‘We want plastic to become taboo’: the rise of reusable water bottles | Ethical and green living

WWith record hot weather and the potential for widespread drought underscoring the climate crisis, this summer has also been marked by a concomitant interest in refillable water bottles. Size matters: the bigger and more inspiring the bottle, the better.

In 2021, the The global market for reusable water bottles was valued at $8.64 billion.. This is expected to increase by 4.3% in 2022.

There are a number of factors at play, including a return to work coupled with heightened concerns about plastic pollution and its potential to leach into water and food. Research shows that 75% of adults in the UK are concerned about the impact of the climate crisis.

Among the success stories of 2022 is hydroflask, a favorite among Gen Z, whose 1.8-liter stainless steel bottles have contributed to a 19% increase in sales since last year. Best seller “gorpcore” brand The ones, whose 909ml bottles are made from BPA-free plastic, is widely considered the bag of life among reusable bottles. Although the company was unable to disclose sales figures, Elissa McGee, Nalgene’s general manager, says they have seen “persistent demand since the pandemic as daily routines and travel return to more conventional patterns.”

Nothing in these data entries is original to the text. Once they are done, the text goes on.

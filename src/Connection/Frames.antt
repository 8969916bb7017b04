-- ===== src/Connection/Frames.antt =====
-- connection.rs: `Connection::frame`, what a frame from the gateway does.
use bokkie.Prelude.{
  Bool, true, false, not, ◌||◌, Option, none, some, List, [], ◌∷◌, ◌++◌, ◌==◌, leb, ltb,
  if◌then◌else◌,
}
use bokkie.Protocol.Events.{Seq, next, EventEnvelope, ServerFrame}
use bokkie.Connection.Machine.{State, Command, Connection, is_live}
use bokkie.Connection.Steps.{say_viewing, resync}

-- `Resuming` becomes `Replaying` with the first event or reset.
abbrev replaying_from : State → State
replaying_from State.resuming = State.replaying
replaying_from s = s

accept : Connection → EventEnvelope → Connection × List Command
accept c envelope = (
  record c { last = some envelope.seq; unreadable = 0; state = replaying_from c.state },
  Command.apply envelope ∷ [],
)

event_after : Option Seq → Connection → EventEnvelope → Connection × List Command
unfolding accept resync
event_after none c envelope = accept c envelope
event_after (some last) c envelope =
    if leb envelope.seq last
    then (c, [])
    else if envelope.seq == next last
    then accept c envelope
    else resync c

abbrev is_ahead : Option Seq → Seq → Bool
is_ahead none latest = false
is_ahead (some last) latest = ltb latest last

go_live : Connection → Seq → Connection × List Command
unfolding say_viewing
go_live c latest =
    let reloads = not c.synced || is_ahead c.last latest in
    let (c', said) = say_viewing (record c {
      last = some latest;
      state = State.live;
      failures = 0;
      refusals = 0;
      synced = reloads || c.synced;
      told = none;
    }) in
    (c', (if reloads then Command.reload ∷ [] else []) ++ said)

live_after : Option Seq → Connection → Seq → Connection × List Command
unfolding go_live resync
live_after none c latest = go_live c latest
live_after (some last) c latest = if ltb last latest then resync c else go_live c latest

unfoldable pub frame : Connection → ServerFrame → Connection × List Command
unfolding event_after live_after
frame c (ServerFrame.event envelope) = event_after c.last c envelope
frame c (ServerFrame.live latest) = if is_live c.state then (c, []) else live_after c.last c latest
frame c (ServerFrame.reset after) = (
  record c { last = some after; synced = true; state = replaying_from c.state },
  Command.reload ∷ [],
)
frame c ServerFrame.pong = (c, [])
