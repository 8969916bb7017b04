-- ===== src/Connection/Handle.antt =====
-- connection.rs: `Connection::transition` and `Connection::handle`, and the transport's loop, which
-- hands the machine one input after another.
use bokkie.Prelude.{
  ℕ, Bool, true, false, ◌&&◌, Option, none, some, List, [], ◌∷◌, ◌++◌, ◌==◌, leb, if◌then◌else◌,
}
use bokkie.Protocol.Events.{ClientFrame, ServerFrame}
use bokkie.Connection.Machine.{
  State, Input, Command, Connection, wrapping_suc, saturating_suc, same, is_some, is_signed_out,
  pong_deadline, unreadable_limit,
}
use bokkie.Connection.Steps.{renew_later, say_viewing, connect, closed, resync}
use bokkie.Connection.Frames.{frame}

wake : Connection → Connection × List Command
unfolding connect
wake c = let (c', commands) = connect c in (c', Command.cancel_retry ∷ commands)

ping : Connection → Connection × List Command
ping c =
    let pings' = wrapping_suc c.pings in
    (
      record c { pings = pings'; awaiting = some pings' },
      Command.send ClientFrame.ping ∷ Command.await_pong pings' pong_deadline ∷ [],
    )

give_up : Connection → ℕ → Connection × List Command
unfolding resync
give_up c n = if same c.awaiting (some n) then resync (record c { awaiting = none }) else (c, [])

renew : Connection → ℕ → Connection × List Command
unfolding renew_later
renew c renewal =
    if renewal == c.renewals && is_some c.told
    then (let (c', later) = renew_later c in
        (c', Command.send (ClientFrame.viewing c.told) ∷ later))
    else (c, [])

refused : Connection → Option ℕ → Connection × List Command
unfolding closed
refused c code =
    let (c', commands) = closed c code in
    (c', if is_signed_out c'.state then commands else commands ++ Command.check_session ∷ [])

hear : Connection → ServerFrame → Connection × List Command
unfolding frame
hear c f = frame (record c { awaiting = none }) f

misread : Connection → Connection × List Command
unfolding resync
misread c =
    let c' = record c { awaiting = none; unreadable = saturating_suc c.unreadable } in
    if leb unreadable_limit c'.unreadable
    then (record c' { state = State.outdated }, Command.close ∷ Command.outdated ∷ [])
    else resync c'

-- The `match` of `Connection::transition`; the last clause is its `_`.
dispatch : State → Input → Connection → Connection × List Command
unfolding connect wake ping give_up renew refused hear misread closed
dispatch State.signed_out _ c = (c, [])
dispatch State.outdated Input.stop c = (record c { state = State.stopped }, [])
dispatch State.outdated _ c = (c, [])
dispatch _ Input.unauthenticated c = (
  record c { state = State.signed_out },
  Command.close ∷ Command.cancel_retry ∷ Command.signed_out ∷ [],
)
dispatch _ Input.stop c =
    (record c { state = State.stopped }, Command.close ∷ Command.cancel_retry ∷ [])
dispatch State.stopped Input.start c = connect c
dispatch (State.backing_off _ _) Input.retry_due c = connect c
dispatch (State.backing_off _ _) Input.visible c = wake c
dispatch State.live Input.visible c = ping c
dispatch State.live (Input.pong_overdue n) c = give_up c n
dispatch State.live (Input.viewing_due renewal) c = renew c renewal
dispatch State.connecting Input.opened c =
    (record c { state = State.resuming }, Command.send (ClientFrame.resume c.last) ∷ [])
dispatch State.connecting (Input.closed code) c = refused c code
dispatch State.resuming (Input.closed code) c = closed c code
dispatch State.replaying (Input.closed code) c = closed c code
dispatch State.live (Input.closed code) c = closed c code
dispatch State.resuming (Input.frame f) c = hear c f
dispatch State.replaying (Input.frame f) c = hear c f
dispatch State.live (Input.frame f) c = hear c f
dispatch State.resuming Input.unreadable c = misread c
dispatch State.replaying Input.unreadable c = misread c
dispatch State.live Input.unreadable c = misread c
dispatch _ _ c = (c, [])

unfoldable pub transition : Connection → Input → Connection × List Command
unfolding dispatch
transition c input = dispatch c.state input c

-- What an input says of the page, and whether it says anything of it.
note_page : Connection → Input → Connection × Bool
note_page c Input.visible = (record c { hidden = false }, true)
note_page c Input.hidden = (record c { hidden = true }, true)
note_page c (Input.viewing bot) = (record c { viewing = bot }, true)
note_page c _ = (c, false)

unfoldable pub handle : Connection → Input → Connection × List Command
unfolding note_page transition say_viewing
handle c input =
    let (noted, viewing) = note_page c input in
    let (moved, commands) = transition noted input in
    let (told, said) = say_viewing moved in
    if viewing then (told, commands ++ said) else (moved, commands)

-- The inputs of a whole session, one at a time, with every command asked for.
unfoldable pub run : Connection → List Input → Connection × List Command
run c [] = (c, [])
run c (input ∷ inputs) =
    let (c', commands) = handle c input in
    let (c'', rest) = run c' inputs in (c'', commands ++ rest)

the hydrojug, another unbreakable BPA-free pitcher that comes with a neoprene sleeve, makes people carry 2 liters of water and became famous after its appearance on Big Timber, a Netflix reality series about a Canadian lumber mill. By comparison, the tiny 1.1 liter stainless steel Adventure Quencher Travel TumblerMade by the venerable American brand Stanley, which specializes in camping gear, it is commonly sold in the US (reportedly has a waiting list of 135,000 people).

But despite a renewed interest in alternative materials like stainless steel, global plastic use is expected to increase by nearly 4% by 2030. This also encompasses the current craze for oversized “time stamped” water bottles.

Manufactured by companies such as QuiFit, Hydromate and Elvira, and first worn by Khloe Kardashian Y Chrissy Teigenthese jugs hold 2 liters of water and feature mindful affirmations scrawled on the side to encourage you to drink. Like the rise of drinking apps, which monitor your intake and punish you when you fall short, and reusable but expensive £180 “smart bottles” to keep your tea warm (like used by Rishi Sunak), these rainbow-colored bottles have turned hydration into a competitive sport.

city ​​to the seaA Bristol-based non-profit organization that campaigns to prevent marine plastic pollution at the source, oversaw the placement of 35,000 refillable water stations at stations, airports and beaches this year, an increase of 10,000 from 2019.

Founder Natalie Fee thinks the rise of refillable bottles has as much to do with the recession as it does with the weather. “Despite an obvious drop during the pandemic [we have since seen] a large increase in awareness of the heat wave, from a health and hydration perspective, [but also] of a cost of living.” Fee says that the large bottles “are a little weird, but I can see why.”

In recent years, the state water bottle—stainless steel, BPA-free plastic or made from partially recycled materials, and in shades of caramel color—has become the go-to symbol of green credentials among young people. Eager to capitalize on the green pound, high-end brands followed suit: Prada’s 75-pound milk urn” remains one of the most popular reusable water tanks on the market. Simply put, “the message is that if you’re carrying a reusable bottle, you care,” says Nina Schrank, Greenpeace’s plastics campaign manager. “It helps if they look good, aesthetically. People will be more inclined to take them with them.”

While a shift from single-use to reusable plastic bottles is still underway, Schrank is alarmed that plastic remains the dominant material. The health effects of BPA-free plastic, which is widely used in refillable water bottles, still open for discussion on bodily health and the environment.

“Reusable stainless steel bottles are the best material and although they are becoming more prevalent they are not displacing plastic yet,” he adds, agreeing that cost is also a factor – plastic will always be more expensive. cheaper than Prada. “What we want is for plastic bottles to become a taboo, like smoking.”